Aquarium Medications and Water Chemistry: Risks to Biofilters and Inverts
How copper, antibiotics, and salt affect nitrifying bacteria, plants, and shrimp; when to use a hospital tank; and post-treatment water changes and carbon.

Medications & Chemical Treatments
When disease appears, adding chemicals to the display tank affects every inhabitant—not only the sick fish. Copper wipes shrimp and snails; antibiotics can suppress nitrifiers; salt stresses many plants and scaleless fish at therapeutic doses. Plan treatment with water tests and, when possible, a hospital/quarantine setup.
Quick answer: Should I treat the main tank?
If you can isolate the sick fish, prefer a quarantine or hospital aquarium with simple sponge filtration, no copper-sensitive invertebrates, and easy water changes. Treat the display only when catching fish is impractical or the outbreak is tank-wide—then accept ecosystem trade-offs and test ammonia and nitrite through recovery.
Effects on beneficial bacteria
- Antibiotics (e.g., erythromycin, kanamycin) can crash or suppress nitrification—test ammonia and nitrite daily during and after treatment.
- Copper — Often less harsh to nitrifiers than broad-spectrum antibiotics at labeled doses, but lethal to invertebrates at therapeutic fish doses.
- Methylene blue — Generally easier on bacteria; stains silicone and equipment.
Effects on plants
- Copper — Risk to delicate species at higher doses.

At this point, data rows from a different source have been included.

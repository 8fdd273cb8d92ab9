-- ===== src/Session/SpawnLocks/Exclusive.antt =====
-- src-tauri/src/agent/spawn_locks.rs: one call at a time for each run.
use open_covibe_web.Common.{
  ℕ, zero, suc, String, str_eq, false, Option, none, some, List, [], ◌∷◌, ◌++◌, ◌≡◌, refl, arith,
  lookup, All, All-append, eq_iff, eq_refl, Bool-cases, inl, inr,
}
use open_covibe_web.Storage.Writer.{is_held, retain, nth, without}
use open_covibe_web.Storage.Writer.Retain.{
  Distinct, retain-Distinct, retain-held, All-both, all_held,
}
use open_covibe_web.Storage.Writer.Numbers.{nth-mapped, without-mapped}
use open_covibe_web.Session.SpawnLocks.{
  SpawnLocks, no_locks, clone_lock, acquire, lock_if_free, lock_owned, LockAction, asks, locks,
  drops, gives_up, lock_step, lock_steps,
}

abbrev Mapped : List (String × ℕ) → List (String × ℕ) → Type 0
Mapped es hs = All (λ h. lookup (h.0) es ≡ some (h.1)) hs

-- No two calls have the lock at one place.
abbrev Apart : List (String × ℕ) → Type 0
Apart [] = Unit
Apart (h ∷ hs) = (is_held hs (h.1) ≡ false) × Apart hs

-- No two calls are for one run.
abbrev pub OnePerRun : List (String × ℕ) → Type 0
OnePerRun [] = Unit
OnePerRun (h ∷ hs) = All (λ g. str_eq (g.0) (h.0) ≡ false) hs × OnePerRun hs

record Locked (s : SpawnLocks) : Type 0 where
  pub distinct : Distinct s.inner
  pub waits : Mapped s.inner s.waiting
  pub holds : Mapped s.inner s.holding
  pub apart : Apart s.holding

module _ {A : Type 0} (P : A → Type 0) where
  All-left : (xs ys : List A) → All P (xs ++ ys) → All P xs
  All-left [] ys a = tt
  All-left (x ∷ xs) ys a = (a.0, All-left xs ys a.1)

  All-right : (xs ys : List A) → All P (xs ++ ys) → All P ys
  All-right [] ys a = a
  All-right (x ∷ xs) ys a = All-right xs ys a.1

retained :
    (s : SpawnLocks)
    → Locked s
    → Mapped (retain (s.waiting ++ s.holding) s.inner) (s.waiting ++ s.holding)
retained s l =
    let hs = s.waiting ++ s.holding in
    All-both hs (λ h a b. retain-held hs s.inner (h.0) (h.1) a b) (all_held hs)
      (All-append (λ h. lookup (h.0) s.inner ≡ some (h.1)) s.waiting s.holding l.waits l.holds)

collected-Locked :
    (s : SpawnLocks)
    → Locked s
    → Locked (record s { inner = retain (s.waiting ++ s.holding) s.inner })
collected-Locked s l = record {
  distinct = retain-Distinct (s.waiting ++ s.holding) s.inner l.distinct;
  waits = All-left _ s.waiting s.holding (retained s l);
  holds = All-right _ s.waiting s.holding (retained s l);
  apart = l.apart;
}

more-mapped :
    (run : String) (place : ℕ) (es hs : List (String × ℕ))
    → lookup run es ≡ none
    → Mapped es hs
    → Mapped ((run, place) ∷ es) hs
unfolding lookup
more-mapped run place es [] e a = tt
more-mapped run place es ((r, p) ∷ hs) e a =
    (ground (arith, e, a.0, eq_iff run r), more-mapped run place es hs e a.1)

own-lookup :
    (run : String) (place : ℕ) (es : List (String × ℕ))
    → lookup run ((run, place) ∷ es) ≡ some place
unfolding lookup
own-lookup run place es = ground (arith, eq_refl run)

clone_lock-Locked :
    (s : SpawnLocks) (run : String) (o : Option ℕ)
    → lookup run s.inner ≡ o
    → Locked s
    → Locked (clone_lock s run o)
clone_lock-Locked s run (some place) e l = record {
  distinct = l.distinct;
  waits = (e, l.waits);
  holds = l.holds;
  apart = l.apart;
}
clone_lock-Locked s run none e l = record {
  distinct = (e, l.distinct);
  waits = (
    own-lookup run s.next_place s.inner,
    more-mapped run s.next_place s.inner s.waiting e l.waits,
  );
  holds = more-mapped run s.next_place s.inner s.holding e l.holds;
  apart = l.apart;
}

acquire-Locked : (s : SpawnLocks) (run : String) → Locked s → Locked (acquire s run)
unfolding acquire
acquire-Locked s run l = clone_lock-Locked _ run _ refl (collected-Locked s l)

lock_if_free-Locked :
    (s : SpawnLocks) (n : ℕ) (o : Option (String × ℕ))
    → nth n s.waiting ≡ o
    → Locked s
    → Locked (lock_if_free s n o)
lock_if_free-Locked s n none e l = l
lock_if_free-Locked s n (some (run, place)) e l = elim (Bool-cases (is_held s.holding place)) [
  | inl h ↦ rw h l
  | inr h ↦ rw h (record {
    distinct = l.distinct;
    waits = without-mapped s.inner n s.waiting l.waits;
    holds = (nth-mapped s.inner n s.waiting run place l.waits e, l.holds);
    apart = (h, l.apart);
  })
]

without-held :
    (n : ℕ) (hs : List (String × ℕ)) (place : ℕ)
    → is_held hs place ≡ false
    → is_held (without n hs) place ≡ false
without-held n [] place h = refl
without-held zero (g ∷ hs) place h = ground (arith, h)
without-held (suc n) (g ∷ hs) place h = ground (arith, h, without-held n hs place)

without-Apart : (n : ℕ) (hs : List (String × ℕ)) → Apart hs → Apart (without n hs)
without-Apart n [] a = tt
without-Apart zero (h ∷ hs) a = a.1
without-Apart (suc n) (h ∷ hs) a = (without-held n hs (h.1) a.0, without-Apart n hs a.1)

lock_step-Locked : (s : SpawnLocks) (a : LockAction) → Locked s → Locked (lock_step s a)
unfolding lock_owned
lock_step-Locked s (asks run) l = acquire-Locked s run l
lock_step-Locked s (locks n) l = lock_if_free-Locked s n _ refl l
lock_step-Locked s (drops n) l = record {
  distinct = l.distinct;
  waits = l.waits;
  holds = without-mapped s.inner n s.holding l.holds;
  apart = without-Apart n s.holding l.apart;
}
lock_step-Locked s (gives_up n) l = record {
  distinct = l.distinct;
  waits = without-mapped s.inner n s.waiting l.waits;
  holds = l.holds;
  apart = l.apart;
}

lock_steps-Locked :
    (s : SpawnLocks) (actions : List LockAction) → Locked s → Locked (lock_steps s actions)
lock_steps-Locked s [] l = l
lock_steps-Locked s (a ∷ rest) l = lock_steps-Locked (lock_step s a) rest (lock_step-Locked s a l)

others :
    (es hs : List (String × ℕ)) (run : String) (place : ℕ)
    → lookup run es ≡ some place
    → Mapped es hs
    → is_held hs place ≡ false
    → All (λ g. str_eq (g.0) run ≡ false) hs
others es [] run place e m h = tt
others es ((r, p) ∷ hs) run place e m h =
    (ground (arith, e, m.0, h, eq_iff r run), others es hs run place e m.1 (ground (arith, h)))

one_each : (es hs : List (String × ℕ)) → Mapped es hs → Apart hs → OnePerRun hs
one_each es [] m a = tt
one_each es (h ∷ hs) m a = (others es hs (h.0) (h.1) m.0 m.1 a.0, one_each es hs m.1 a.1)

-- Whatever calls ask for the locks of runs, get them, drop them or give up, in any order, no two
-- calls have the lock of one run at the same time.
pub lock_steps-OnePerRun :
    (actions : List LockAction) → OnePerRun (lock_steps no_locks actions).holding
lock_steps-OnePerRun actions =
    let l =
      lock_steps-Locked no_locks actions
        (record { distinct = tt; waits = tt; holds = tt; apart = tt }) in
    one_each (lock_steps no_locks actions).inner (lock_steps no_locks actions).holding l.holds
      l.apart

- Salt — Many aquatic plants tolerate only low salinity.
- Glutaraldehyde “liquid carbon” — Can damage mosses and some Vallisneria when overdosed—never treat it as harmless plant fertilizer.
Common additives (beyond classic meds)
Dechlorinators (Prime, Safe, etc.)
Bind chlorine/chloramine and often temporarily detoxify ammonia/nitrite—useful during mini-cycles, not a substitute for fixing biology. See chlorine and chloramines.
Liquid carbon (Excel-style glutaraldehyde)
Algicide at spot doses; overdose risks livestock. Not equivalent to pressurized CO₂ for plant carbon demand.
pH buffers
Many are phosphate-based—can shift algae dynamics if used casually. See pH.
Aquarium salt (NaCl)
Blocks some nitrite uptake in freshwater at modest doses; does not evaporate—remove with water changes. Risky for scaleless fish and many plants at therapeutic levels.
Hospital / quarantine checklist
- Bare or inert bottom for easy cleaning
- Sponge filter (cheap to replace if medications ruin media)
- Heater with safety awareness—see temperature
- No shrimp, snails, or copper-vulnerable stock
- Test kits on hand
After treatment
- Water changes to dilute residuals
- Activated carbon (timed removal) per manufacturer guidance
- Retest ammonia and nitrite before declaring the system “normal”
Frequently asked questions
Can I use half doses to protect bacteria?
Subtherapeutic antibiotics can select for resistance without curing fish. Follow label or veterinary guidance; support with testing and isolation when possible.
Is copper ever safe in planted display tanks?
Risk to plants and long-term invert contamination—isolate copper treatments when feasible.
Do “natural” herbal cures hurt filters?
Treat unknown blends as biologically active; test ammonia if anything seems off after dosing.